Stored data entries
--- --- ---
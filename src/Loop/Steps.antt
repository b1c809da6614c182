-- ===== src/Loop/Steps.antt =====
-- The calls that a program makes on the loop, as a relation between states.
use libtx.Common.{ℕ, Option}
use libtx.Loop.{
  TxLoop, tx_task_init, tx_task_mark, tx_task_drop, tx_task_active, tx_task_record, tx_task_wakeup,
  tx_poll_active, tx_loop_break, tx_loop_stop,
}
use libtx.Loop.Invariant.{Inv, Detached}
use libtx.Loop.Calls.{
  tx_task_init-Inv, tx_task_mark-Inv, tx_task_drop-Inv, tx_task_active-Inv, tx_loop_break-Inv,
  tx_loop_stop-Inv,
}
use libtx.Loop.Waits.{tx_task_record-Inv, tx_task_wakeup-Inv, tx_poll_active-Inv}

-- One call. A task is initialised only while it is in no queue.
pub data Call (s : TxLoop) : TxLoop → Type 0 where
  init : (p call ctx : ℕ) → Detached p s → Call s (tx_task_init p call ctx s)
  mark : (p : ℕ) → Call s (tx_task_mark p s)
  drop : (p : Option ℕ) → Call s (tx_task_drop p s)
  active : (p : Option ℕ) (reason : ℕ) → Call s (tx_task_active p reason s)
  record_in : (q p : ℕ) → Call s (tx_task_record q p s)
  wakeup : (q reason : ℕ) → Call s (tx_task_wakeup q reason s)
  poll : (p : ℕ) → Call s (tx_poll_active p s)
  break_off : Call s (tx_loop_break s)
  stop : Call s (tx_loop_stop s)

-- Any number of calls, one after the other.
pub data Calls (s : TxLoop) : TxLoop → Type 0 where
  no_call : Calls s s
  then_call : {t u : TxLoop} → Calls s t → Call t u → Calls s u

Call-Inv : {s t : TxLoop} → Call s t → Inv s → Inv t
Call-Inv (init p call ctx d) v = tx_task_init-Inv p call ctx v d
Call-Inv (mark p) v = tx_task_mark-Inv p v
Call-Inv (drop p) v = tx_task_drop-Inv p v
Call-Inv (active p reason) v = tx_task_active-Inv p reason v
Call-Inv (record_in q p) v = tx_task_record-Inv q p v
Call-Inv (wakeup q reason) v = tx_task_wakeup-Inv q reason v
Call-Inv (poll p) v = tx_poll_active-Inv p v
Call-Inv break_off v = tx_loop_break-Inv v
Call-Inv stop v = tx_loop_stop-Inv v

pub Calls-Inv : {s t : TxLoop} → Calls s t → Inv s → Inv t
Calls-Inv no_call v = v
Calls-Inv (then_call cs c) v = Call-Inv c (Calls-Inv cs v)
--- --- ---
• ASSIGNMENT
Write the lines out again exactly, from the one containing "no_call : Calls s s" through the last line of the records, and include no other lines.

• RESPONSE BELOW
  no_call : Calls s s
  then_call : {t u : TxLoop} → Calls s t → Call t u → Calls s u

Call-Inv : {s t : TxLoop} → Call s t → Inv s → Inv t
Call-Inv (init p call ctx d) v = tx_task_init-Inv p call ctx v d
Call-Inv (mark p) v = tx_task_mark-Inv p v
Call-Inv (drop p) v = tx_task_drop-Inv p v
Call-Inv (active p reason) v = tx_task_active-Inv p reason v
Call-Inv (record_in q p) v = tx_task_record-Inv q p v
Call-Inv (wakeup q reason) v = tx_task_wakeup-Inv q reason v
Call-Inv (poll p) v = tx_poll_active-Inv p v
Call-Inv break_off v = tx_loop_break-Inv v
Call-Inv stop v = tx_loop_stop-Inv v

pub Calls-Inv : {s t : TxLoop} → Calls s t → Inv s → Inv t
Calls-Inv no_call v = v
Calls-Inv (then_call cs c) v = Call-Inv c (Calls-Inv cs v)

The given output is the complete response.